Games without Chance: Combinatorial Game Theory

123 calificaciones

This course will cover the mathematical theory and analysis of simple games without chance moves.

De la lección

Week 5: Simplifying Games

The topics for this fifth week is Simplifying games: Dominating moves, reversible moves. Students will be able to simplify simple games.

- Dr. Tom MorleyProfessor

School of Mathematics

>> Welcome back. We have, what do we have?

We have, we have a straight flush. Small, small values.

But nonetheless, straight flush. Not quite in order, but you can check it.

We're doing toads and frogs now. You can, you can do this at home.

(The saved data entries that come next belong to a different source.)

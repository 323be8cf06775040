-- ===== src/Registry/Authority/Laws.antt =====
-- What the three instructions do to the configuration's fields, and who may call them.
use protocol_core.Base.{◌≡◌, ◌≢◌, ◌≤◌, refl, ap, ◌∙◌, arith, length, Result-cases, inl, inr, ok}
use protocol_core.Base.Words.{Bytes}
use protocol_core.Base.Bytes.{
  bytes_eq_iff, put, length-put, sub, sub-resize, zeros, resize, length-resize,
}
use protocol_core.Chain.{Pubkey, Chain}
use protocol_core.Registry.Config.{view, config_len, view-put_admin, view-put_pending}
use protocol_core.Registry.State.{
  Registry, Program, default_pubkey, config_of, config_of_full, config_of_grown, IsLayout,
  require_admin_lem, ensure_protocol_config_len, ensure_grows, top_up, top_up_keeps,
}
use protocol_core.Registry.Authority.{
  require_upgrade_authority, read_transfer, propose_authority, accept_authority, migrate_admin,
}

module _ (chain : Chain) (program : Program) (r : Registry) (layout : IsLayout r.data_bytes) where
  pub propose_authority_lem :
      (admin k : Pubkey) {s : Registry}
      → length k ≡ 32
      → propose_authority chain program admin k r ≡ ok s
      → (config_of s ≡ record (config_of r) { pending_authority = k })
        × ((config_of r).admin ≡ admin)
        × (k ≢ default_pubkey)
        × (length s.data_bytes ≡ config_len)
  unfolding propose_authority
  propose_authority_lem admin k {s} h e =
      elim (Result-cases (ensure_protocol_config_len chain program admin r)) [
        | inr (x, q) ↦ ground arith
        | inl (s1, q) ↦
            let grown = ensure_grows chain program admin r s1 layout.0 q in
            let full : length s1.data_bytes ≡ config_len =
              ap length grown.0 ∙ length-resize r.data_bytes config_len in
            ground (
              arith,
              config_of_full s,
              view-put_pending s1.data_bytes full k h,
              length-put s1.data_bytes 113 k,
              config_of_grown r grown.0,
              require_admin_lem admin r,
              bytes_eq_iff k default_pubkey,
            )
      ]

  read_transfer_lem :
      (signer : Pubkey) {keys : Pubkey × Pubkey}
      → read_transfer signer r.data_bytes ≡ ok keys
      → (145 ≤ length r.data_bytes)
        × (keys.1 ≡ signer)
        × ((config_of r).pending_authority ≡ signer)
        × (signer ≢ default_pubkey)
  unfolding read_transfer config_of view
  read_transfer_lem signer e = ground (
    arith,
    sub-resize r.data_bytes config_len 113 32,
    bytes_eq_iff (sub r.data_bytes 113 32) signer,
    bytes_eq_iff (sub r.data_bytes 113 32) default_pubkey,
  )

  pub accept_authority_lem :
      (signer : Pubkey) {s : Registry}
      → length r.data_bytes ≡ config_len
      → length signer ≡ 32
      → accept_authority chain program signer r ≡ ok s
      → (config_of s ≡ record (config_of r) { admin = signer; pending_authority = default_pubkey })
        × ((config_of r).pending_authority ≡ signer)
        × (signer ≢ default_pubkey)
        × (length s.data_bytes ≡ config_len)
  unfolding accept_authority
  accept_authority_lem signer {s} full h e =
      elim (Result-cases (read_transfer signer r.data_bytes)) [
        | inr (x, q) ↦ ground arith
        | inl (keys, q) ↦
            let known = read_transfer_lem signer q in
            let d = put r.data_bytes 8 signer in
            ground (
              arith,
              known,
              config_of_full s,
              config_of_full r,
              view-put_admin r.data_bytes full signer h,
              view-put_pending d (length-put r.data_bytes 8 signer ∙ full) (zeros 32) refl,
              length-put r.data_bytes 8 signer,
              length-put d 113 (zeros 32),
            )
      ]

  pub migrate_admin_lem :
      (programdata signer : Bytes) {s : Registry}
      → length signer ≡ 32
      → migrate_admin chain program programdata signer r ≡ ok s
      → (config_of s ≡ record (config_of r) { admin = signer })
        × (sub programdata 13 32 ≡ signer)
        × (length s.data_bytes ≡ config_len)
  unfolding migrate_admin require_upgrade_authority
  migrate_admin_lem programdata signer {s} h e =
      let d = put (resize r.data_bytes config_len) 8 signer in
      elim (Result-cases (top_up chain program signer config_len (record r { data_bytes = d }))) [
        | inr (x, q) ↦ ground arith
        | inl (s1, q) ↦ ground (
          arith,
          top_up_keeps chain program signer config_len (record r { data_bytes = d }) s1 q,
          config_of_full s,
          view-put_admin (resize r.data_bytes config_len) (length-resize r.data_bytes config_len)
              signer h,
          length-put (resize r.data_bytes config_len) 8 signer,
          length-resize r.data_bytes config_len,
          config_of_grown r {d = resize r.data_bytes config_len} refl,
          bytes_eq_iff (sub programdata 13 32) signer,
        )
      ]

With people and it's fun play with people but you can also do it with, with coins.

Here's toads and frogs. Let's use nickels over here and Jefferson

nickels. Let's use Lincoln pennies over here.

Here's toads and frogs. The toads in this case are the nickels,

they move right and are controlled by left.

The frogs are the Lincoln cents, they move left and are controlled by right.

The toads can move one space to the right if it's empty.

The frogs can move one space to the left it it's empty.

But they also can jump over each other. A toad can jump over a frog, like this.

Note that the, the coin when you jump over isn't removed.

'Kay? But you can jump over and then they, then

say the Lincoln cent can move over here the, the nickel can do here.

The Lincoln cent can move over here My concern is the frog.

And we see at this point that neither the toads nor the frogs have a move so this

Lincoln cent, which was a frog, was right. Right made the last move, it's now left's

turn, left doesn't have any moves, left loses, Okay.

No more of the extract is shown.